* _Instructions for the task_
Produce as output only the lines below starting at the line with "carry (next t)" and continuing through the line with "carry (some (false, u))", each one exactly as written.

* _Data provided_
• • • •

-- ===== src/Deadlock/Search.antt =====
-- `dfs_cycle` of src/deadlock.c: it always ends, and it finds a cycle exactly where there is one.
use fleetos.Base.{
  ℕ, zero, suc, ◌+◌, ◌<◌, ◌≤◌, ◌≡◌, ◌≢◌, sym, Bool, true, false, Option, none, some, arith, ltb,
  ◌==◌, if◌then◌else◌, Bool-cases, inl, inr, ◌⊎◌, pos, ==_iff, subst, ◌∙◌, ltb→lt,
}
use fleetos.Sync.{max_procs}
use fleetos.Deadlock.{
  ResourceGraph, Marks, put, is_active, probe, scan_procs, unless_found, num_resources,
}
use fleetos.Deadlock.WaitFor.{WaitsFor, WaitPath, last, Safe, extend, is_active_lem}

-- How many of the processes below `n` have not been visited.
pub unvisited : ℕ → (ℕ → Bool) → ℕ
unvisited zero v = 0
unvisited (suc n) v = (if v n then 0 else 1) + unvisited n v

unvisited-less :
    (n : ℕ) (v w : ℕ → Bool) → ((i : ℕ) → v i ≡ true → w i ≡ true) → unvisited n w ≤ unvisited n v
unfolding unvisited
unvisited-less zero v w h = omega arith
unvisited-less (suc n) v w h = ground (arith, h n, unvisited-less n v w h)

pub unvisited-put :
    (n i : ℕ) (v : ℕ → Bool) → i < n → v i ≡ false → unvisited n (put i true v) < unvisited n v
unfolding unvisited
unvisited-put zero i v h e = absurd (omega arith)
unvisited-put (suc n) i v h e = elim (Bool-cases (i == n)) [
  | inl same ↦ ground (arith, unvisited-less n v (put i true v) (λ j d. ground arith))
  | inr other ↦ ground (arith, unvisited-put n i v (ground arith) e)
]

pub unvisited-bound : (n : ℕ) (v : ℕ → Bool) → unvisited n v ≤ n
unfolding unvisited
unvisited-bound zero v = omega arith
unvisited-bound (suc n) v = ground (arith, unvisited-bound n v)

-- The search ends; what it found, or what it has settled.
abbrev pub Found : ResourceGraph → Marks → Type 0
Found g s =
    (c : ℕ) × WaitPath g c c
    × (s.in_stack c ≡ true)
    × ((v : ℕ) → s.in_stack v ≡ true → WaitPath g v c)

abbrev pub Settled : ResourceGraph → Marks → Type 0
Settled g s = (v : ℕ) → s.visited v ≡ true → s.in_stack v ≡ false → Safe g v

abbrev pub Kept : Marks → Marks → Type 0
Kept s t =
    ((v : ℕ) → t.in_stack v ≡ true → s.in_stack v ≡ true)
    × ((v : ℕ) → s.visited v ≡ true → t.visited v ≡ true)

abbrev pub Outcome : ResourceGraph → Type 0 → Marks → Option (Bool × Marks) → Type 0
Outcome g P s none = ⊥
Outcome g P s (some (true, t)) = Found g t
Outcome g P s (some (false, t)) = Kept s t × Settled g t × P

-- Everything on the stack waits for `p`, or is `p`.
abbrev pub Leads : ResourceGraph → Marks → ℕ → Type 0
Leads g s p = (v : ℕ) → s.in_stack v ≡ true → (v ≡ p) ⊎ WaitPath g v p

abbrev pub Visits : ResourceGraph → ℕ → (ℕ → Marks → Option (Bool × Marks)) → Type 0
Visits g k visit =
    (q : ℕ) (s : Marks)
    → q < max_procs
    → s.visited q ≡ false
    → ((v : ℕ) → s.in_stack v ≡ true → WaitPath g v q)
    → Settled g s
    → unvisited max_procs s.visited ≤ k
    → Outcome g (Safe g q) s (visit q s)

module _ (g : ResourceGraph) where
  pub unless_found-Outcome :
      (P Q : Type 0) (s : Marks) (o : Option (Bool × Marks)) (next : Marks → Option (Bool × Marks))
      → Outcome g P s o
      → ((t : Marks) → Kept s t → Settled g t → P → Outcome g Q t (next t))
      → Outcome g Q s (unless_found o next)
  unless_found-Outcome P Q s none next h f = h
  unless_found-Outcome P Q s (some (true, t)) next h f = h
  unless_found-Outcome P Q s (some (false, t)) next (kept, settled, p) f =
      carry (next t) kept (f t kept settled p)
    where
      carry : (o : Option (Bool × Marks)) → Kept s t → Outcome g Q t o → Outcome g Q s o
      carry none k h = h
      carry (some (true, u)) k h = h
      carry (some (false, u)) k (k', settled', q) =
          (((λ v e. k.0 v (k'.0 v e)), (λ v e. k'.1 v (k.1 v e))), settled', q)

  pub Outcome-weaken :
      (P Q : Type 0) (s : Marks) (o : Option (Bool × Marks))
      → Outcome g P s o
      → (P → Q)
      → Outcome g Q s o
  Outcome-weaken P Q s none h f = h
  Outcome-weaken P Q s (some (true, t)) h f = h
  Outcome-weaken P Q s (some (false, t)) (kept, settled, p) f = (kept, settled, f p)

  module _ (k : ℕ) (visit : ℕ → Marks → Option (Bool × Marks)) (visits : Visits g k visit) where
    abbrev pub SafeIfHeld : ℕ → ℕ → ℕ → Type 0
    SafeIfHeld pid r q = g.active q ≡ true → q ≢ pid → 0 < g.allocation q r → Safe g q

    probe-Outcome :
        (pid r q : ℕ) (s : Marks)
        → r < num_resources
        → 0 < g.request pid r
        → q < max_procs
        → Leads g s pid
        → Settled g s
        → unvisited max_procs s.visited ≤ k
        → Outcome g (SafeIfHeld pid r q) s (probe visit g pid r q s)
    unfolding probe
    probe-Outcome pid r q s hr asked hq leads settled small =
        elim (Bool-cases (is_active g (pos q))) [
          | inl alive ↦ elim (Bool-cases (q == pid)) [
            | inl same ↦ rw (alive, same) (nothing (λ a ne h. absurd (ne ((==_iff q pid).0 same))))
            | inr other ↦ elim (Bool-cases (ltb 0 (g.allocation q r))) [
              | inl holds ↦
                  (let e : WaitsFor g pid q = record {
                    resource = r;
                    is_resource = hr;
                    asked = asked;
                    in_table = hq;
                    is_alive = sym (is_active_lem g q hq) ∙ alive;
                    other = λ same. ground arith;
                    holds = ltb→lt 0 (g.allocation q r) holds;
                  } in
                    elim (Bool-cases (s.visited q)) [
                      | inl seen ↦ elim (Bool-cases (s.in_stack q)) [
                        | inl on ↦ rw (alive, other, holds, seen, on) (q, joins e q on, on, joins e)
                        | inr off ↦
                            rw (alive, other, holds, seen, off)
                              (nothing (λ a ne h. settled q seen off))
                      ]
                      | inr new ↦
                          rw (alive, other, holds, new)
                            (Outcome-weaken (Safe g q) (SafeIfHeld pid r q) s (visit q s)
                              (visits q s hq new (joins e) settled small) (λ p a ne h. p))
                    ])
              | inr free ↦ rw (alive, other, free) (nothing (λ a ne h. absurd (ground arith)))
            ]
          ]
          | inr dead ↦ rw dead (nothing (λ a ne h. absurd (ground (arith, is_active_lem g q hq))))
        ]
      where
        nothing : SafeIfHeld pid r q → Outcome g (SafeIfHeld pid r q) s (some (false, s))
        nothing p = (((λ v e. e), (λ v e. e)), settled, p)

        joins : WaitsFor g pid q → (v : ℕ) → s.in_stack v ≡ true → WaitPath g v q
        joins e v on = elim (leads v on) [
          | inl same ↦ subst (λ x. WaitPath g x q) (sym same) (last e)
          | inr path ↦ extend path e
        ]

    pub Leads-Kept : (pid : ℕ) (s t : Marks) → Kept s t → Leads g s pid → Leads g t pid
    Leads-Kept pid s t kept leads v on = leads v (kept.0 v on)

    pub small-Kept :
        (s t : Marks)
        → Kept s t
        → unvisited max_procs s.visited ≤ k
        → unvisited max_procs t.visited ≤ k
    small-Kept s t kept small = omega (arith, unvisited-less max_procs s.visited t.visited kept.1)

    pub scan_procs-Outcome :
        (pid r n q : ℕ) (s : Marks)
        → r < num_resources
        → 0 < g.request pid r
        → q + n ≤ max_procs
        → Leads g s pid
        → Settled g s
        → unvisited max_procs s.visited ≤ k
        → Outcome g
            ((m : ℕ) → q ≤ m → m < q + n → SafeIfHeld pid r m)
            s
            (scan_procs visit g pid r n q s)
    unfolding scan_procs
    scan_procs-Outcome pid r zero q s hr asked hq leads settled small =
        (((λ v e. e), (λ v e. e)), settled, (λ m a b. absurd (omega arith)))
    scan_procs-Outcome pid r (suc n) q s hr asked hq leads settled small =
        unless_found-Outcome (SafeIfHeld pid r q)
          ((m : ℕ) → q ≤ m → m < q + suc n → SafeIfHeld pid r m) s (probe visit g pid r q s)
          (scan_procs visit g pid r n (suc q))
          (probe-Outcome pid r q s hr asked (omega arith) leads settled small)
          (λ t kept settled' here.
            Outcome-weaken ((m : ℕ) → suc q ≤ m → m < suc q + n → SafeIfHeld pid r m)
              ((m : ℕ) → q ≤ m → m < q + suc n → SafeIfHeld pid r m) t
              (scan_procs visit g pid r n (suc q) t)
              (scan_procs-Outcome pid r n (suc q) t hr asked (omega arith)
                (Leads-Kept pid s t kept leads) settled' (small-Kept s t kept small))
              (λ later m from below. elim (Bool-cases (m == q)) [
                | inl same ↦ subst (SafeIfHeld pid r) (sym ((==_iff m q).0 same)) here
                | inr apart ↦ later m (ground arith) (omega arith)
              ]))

• • • •

* _Expected answer_
      carry (next t) kept (f t kept settled p)
    where
      carry : (o : Option (Bool × Marks)) → Kept s t → Outcome g Q t o → Outcome g Q s o
      carry none k h = h
      carry (some (true, u)) k h = h
      carry (some (false, u)) k (k', settled', q) =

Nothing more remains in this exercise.